I’m staying in a garden flat in Islington, courtesy of Airbnb. It turns out to be a few blocks back from a shabby stretch of Holloway Road near Arsenal Stadium, in a quiet Victorian crescent. Turning the corner feels like entering one of those wrinkles in time London seems to harbour everywhere. There’s also a teeming diversity of cultures here one can only dream of in Perth. Ironically my Indian host lives in Sydney, but his mother and cousin are waiting for me when I arrive. Later I learn his parents are struggling to deal with his absence; his mother tells me it’s customary in Indian culture for children go on living with or near their parents.
I shop at a nearby Tescos and have dinner at the local pub next to the Tube station. I’ll be living here for the next ten days. Already it feels like a home away from home. When I leave ten days later, my host’s mother tells me she’ll miss me.
On Saturday morning I head off to Three Mills, a vast film studio complex (and former tidal mill) on an island in the River Lea in East London, for a final rehearsal/first runthough of Mermaid: a new production by physical/literary storytelling theatre company Shared Experience, written and directed by longstanding artistic director Polly Teale.

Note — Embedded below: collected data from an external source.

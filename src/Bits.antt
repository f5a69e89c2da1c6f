-- ===== src/Bits.antt =====
-- The bits of machine words, least significant first, and the word operations of C++ that the
-- sources use: casts to a fixed width, shifts, masks and `|` of disjoint fields.
mod Or
mod Words
mod Lists
pub use Words.*
pub use Or.{bit_or_disjoint}
pub use Lists.*
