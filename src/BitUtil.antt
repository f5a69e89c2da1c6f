-- ===== src/BitUtil.antt =====
-- NetBitUtil.h: the leading zeros of a word, by halving the width, and the number of bits that the
-- values up to a maximum need. `x << k` is computed in the type of the parameter.
mod Normal
pub mod Clz64
pub mod Clz32
pub mod Bounds
pub mod Storage
use storm_net.Prelude.{ℕ, ◌+◌, ◌-◌, ◌*◌, ◌^◌, ◌<◌, leb, ltb, if◌then◌else◌}
use storm_net.Bits.{u8, u16, u32, u64, ◌<<<◌}

pub clz1_64 : ℕ → ℕ
clz1_64 x = if leb x 0x7fffffffffffffff then 1 else 0

pub clz2_64 : ℕ → ℕ
unfolding clz1_64
clz2_64 x = if leb x 0x3fffffffffffffff then 2 + clz1_64 (u64 (x <<< 2)) else clz1_64 x

pub clz4_64 : ℕ → ℕ
unfolding clz2_64
clz4_64 x = if leb x 0x0fffffffffffffff then 4 + clz2_64 (u64 (x <<< 4)) else clz2_64 x

pub clz8_64 : ℕ → ℕ
unfolding clz4_64
clz8_64 x = if leb x 0x00ffffffffffffff then 8 + clz4_64 (u64 (x <<< 8)) else clz4_64 x

pub clz16_64 : ℕ → ℕ
unfolding clz8_64
clz16_64 x = if leb x 0x0000ffffffffffff then 16 + clz8_64 (u64 (x <<< 16)) else clz8_64 x

unfoldable pub clz32_64 : ℕ → ℕ
unfolding clz16_64
clz32_64 x = if leb x 0x00000000ffffffff then 32 + clz16_64 (u64 (x <<< 32)) else clz16_64 x

pub clz1_32 : ℕ → ℕ
clz1_32 x = if leb x 0x7fffffff then 1 else 0

pub clz2_32 : ℕ → ℕ
unfolding clz1_32
clz2_32 x = if leb x 0x3fffffff then 2 + clz1_32 (u32 (x <<< 2)) else clz1_32 x

pub clz4_32 : ℕ → ℕ
unfolding clz2_32
clz4_32 x = if leb x 0x0fffffff then 4 + clz2_32 (u32 (x <<< 4)) else clz2_32 x

pub clz8_32 : ℕ → ℕ
unfolding clz4_32
clz8_32 x = if leb x 0x00ffffff then 8 + clz4_32 (u32 (x <<< 8)) else clz4_32 x

pub clz16_32 : ℕ → ℕ
unfolding clz8_32
clz16_32 x = if leb x 0x0000ffff then 16 + clz8_32 (u32 (x <<< 16)) else clz8_32 x

pub clz1_16 : ℕ → ℕ
clz1_16 x = if leb x 0x7fff then 1 else 0

pub clz2_16 : ℕ → ℕ
unfolding clz1_16
clz2_16 x = if leb x 0x3fff then 2 + clz1_16 (u16 (x <<< 2)) else clz1_16 x

pub clz4_16 : ℕ → ℕ
unfolding clz2_16
clz4_16 x = if leb x 0x0fff then 4 + clz2_16 (u16 (x <<< 4)) else clz2_16 x

pub clz8_16 : ℕ → ℕ
unfolding clz4_16
clz8_16 x = if leb x 0x00ff then 8 + clz4_16 (u16 (x <<< 8)) else clz4_16 x

pub clz1_8 : ℕ → ℕ
clz1_8 x = if leb x 0x7f then 1 else 0

pub clz2_8 : ℕ → ℕ
unfolding clz1_8
clz2_8 x = if leb x 0x3f then 2 + clz1_8 (u8 (x <<< 2)) else clz1_8 x

pub clz4_8 : ℕ → ℕ
unfolding clz2_8
clz4_8 x = if leb x 0x0f then 4 + clz2_8 (u8 (x <<< 4)) else clz2_8 x

-- `CountLeadingZeros` at uint64_t, uint32_t, uint16_t and uint8_t.
unfoldable pub count_leading_zeros_u64 : ℕ → ℕ
count_leading_zeros_u64 val = clz32_64 val

pub count_leading_zeros_u32 : ℕ → ℕ
count_leading_zeros_u32 x = clz16_32 x

pub count_leading_zeros_u16 : ℕ → ℕ
count_leading_zeros_u16 x = clz8_16 x

pub count_leading_zeros_u8 : ℕ → ℕ
count_leading_zeros_u8 x = clz4_8 x

-- The unspecialised template at a value that is not negative: it counts in 32 bits whatever the
-- size of the type. It is taken for `int`, `short`, `char` and `signed char`.
pub count_leading_zeros_signed : ℕ → ℕ
count_leading_zeros_signed val = clz16_32 (u32 val)

-- `GetRequiredBits`: the difference is taken in size_t and returned as an unsigned int.
unfoldable pub get_required_bits_u64 : ℕ → ℕ
get_required_bits_u64 max_value = u32 (u64 (8 * 8 + 2 ^ 64 - count_leading_zeros_u64 max_value))

pub get_required_bits_u32 : ℕ → ℕ
get_required_bits_u32 max_value = u32 (u64 (4 * 8 + 2 ^ 64 - count_leading_zeros_u32 max_value))

pub get_required_bits_u16 : ℕ → ℕ
get_required_bits_u16 max_value = u32 (u64 (2 * 8 + 2 ^ 64 - count_leading_zeros_u16 max_value))

pub get_required_bits_u8 : ℕ → ℕ
get_required_bits_u8 max_value = u32 (u64 (1 * 8 + 2 ^ 64 - count_leading_zeros_u8 max_value))

-- At a signed type of `size` bytes with the unspecialised `CountLeadingZeros`.
pub get_required_bits_signed : ℕ → ℕ → ℕ
get_required_bits_signed size max_value =
    u32 (u64 (size * 8 + 2 ^ 64 - count_leading_zeros_signed max_value))

-- The unsigned type that `min_store_t` picks, by its width.
pub min_store_bits : ℕ → ℕ
min_store_bits max_val =
    let bits = get_required_bits_u64 max_val in
    if ltb 32 bits then 64 else if ltb 16 bits then 32 else if ltb 8 bits then 16 else 8
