-- ===== src/BitWriter.antt =====
-- NetBitWriterVector.h, NetBitWriterVector.cpp and NetBitWriter.cpp, as built without `_DEBUG`:
-- bits are appended to a vector of bytes, the lowest bit of each byte first. Counts of bits are
-- `int` in the sources and stay below 2 ^ 31; a count that the sources let go below zero is zero
-- here, and both end the recursion.
pub mod Content
pub mod Append
pub mod Bytes
pub mod Cursor
use storm_net.Prelude.{
  ℕ, zero, suc, ◌+◌, ◌-◌, ◌^◌, List, [], ◌∷◌, ◌++◌, length, take, drop, min, bit_or, if◌then◌else◌,
  ◌==◌, leb, ◌&&◌,
}
use storm_net.Bits.{u8, u64, ◌<<<◌, ◌>>>◌, low_bits}

pub record BitWriter : Type 0 where
  pub buffer : List ℕ
  -- How many bits of the last byte are in use; 8 when there is no byte.
  pub bit : ℕ
  pub total_bits : ℕ

abbrev pub empty : BitWriter
empty = record { buffer = []; bit = 8; total_bits = 0 }

pub push_back : List ℕ → ℕ → List ℕ
push_back buffer v = buffer ++ v ∷ []

-- `m_Buffer.back() = f(m_Buffer.back())`. The sources never reach it with an empty vector.
pub modify_back : (ℕ → ℕ) → List ℕ → List ℕ
modify_back f [] = []
modify_back f (b ∷ []) = f b ∷ []
modify_back f (b ∷ c ∷ rest) = b ∷ modify_back f (c ∷ rest)

-- `(back & used_bit_mask) | (uint8_t)(masked_bits << m_Bit)`
abbrev pub fill_byte : ℕ → ℕ → ℕ → ℕ
fill_byte bit val back = bit_or (low_bits back bit) (u8 (low_bits val (8 - bit) <<< bit))

-- The first argument bounds the depth of the recursion; every round takes at least one bit.
pub write_bits_internal : ℕ → ℕ → ℕ → BitWriter → BitWriter
unfolding push_back modify_back
write_bits_internal zero val num_bits w = w
write_bits_internal (suc depth) val num_bits w =
    let free_bits = 8 - w.bit in
    let fresh =
      write_bits_internal depth (val >>> 8) (num_bits - 8)
        (record w { buffer = push_back w.buffer (u8 val); bit = min 8 num_bits }) in
    let filled =
      write_bits_internal depth (val >>> free_bits) (num_bits - min num_bits free_bits) (record w {
        buffer = modify_back (fill_byte w.bit val) w.buffer;
        bit = min 8 (w.bit + num_bits);
      }) in
    if num_bits == 0 then w else if free_bits == 0 then fresh else filled

pub write_bits : ℕ → ℕ → BitWriter → BitWriter
write_bits val num_bits w =
    write_bits_internal num_bits val num_bits (record w { total_bits = w.total_bits + num_bits })

-- An int64_t is the 64-bit word of its two's complement; without `_DEBUG` it is not masked.
pub write_sbits : ℕ → ℕ → BitWriter → BitWriter
unfolding write_bits
write_sbits val num_bits w = write_bits val num_bits w

unfoldable pub reset : BitWriter → BitWriter
reset w = record { buffer = []; bit = 8; total_bits = 0 }

-- Eight bytes, read as a little-endian word.
unfoldable pub word_at : List ℕ → ℕ
word_at [] = 0
word_at (b ∷ bytes) = b + word_at bytes <<< 8

-- The byte loop of `NetBitWriter::WriteBuffer`.
pub write_bytes : List ℕ → BitWriter → BitWriter
write_bytes [] w = w
write_bytes (b ∷ bytes) w = write_bytes bytes (write_bits b 8 w)

-- `NetBitWriter::WriteBuffer`: whole words first, then the bytes left over. The first argument
-- bounds the number of words.
pub write_buffer_words : ℕ → List ℕ → BitWriter → BitWriter
unfolding write_bytes word_at
write_buffer_words zero bytes w = write_bytes bytes w
write_buffer_words (suc depth) bytes w =
    let rest = write_buffer_words depth (drop 8 bytes) (write_bits (word_at (take 8 bytes)) 64 w) in
    if leb 8 (length bytes) then rest else write_bytes bytes w

-- `NetBitWriterVector::WriteBuffer`: a long buffer is copied when the writer is at a byte's end;
-- that branch leaves `m_TotalBits` as it was.
pub write_buffer : List ℕ → BitWriter → BitWriter
unfolding write_buffer_words
write_buffer bytes w =
    if w.bit == 8 && leb 64 (length bytes)
    then record w { buffer = w.buffer ++ bytes }
    else write_buffer_words (length bytes) bytes w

I’ve been reading about Shared Experience since the company’s inception in the ’70s. Originally led by Mike Alfreds, they pioneered a style of minimalist theatre focussing on the actor as storyteller and largely eschewing set, props, costumes, lighting or sound effects. Their adaptations of The Arabian Nights and Bleak House paved the way for other, more spectacular literary epics like Trevor Nunn’s Nicholas Nickleby for the RSC and Peter Brook’s Mahabharata for the Bouffes du Nord.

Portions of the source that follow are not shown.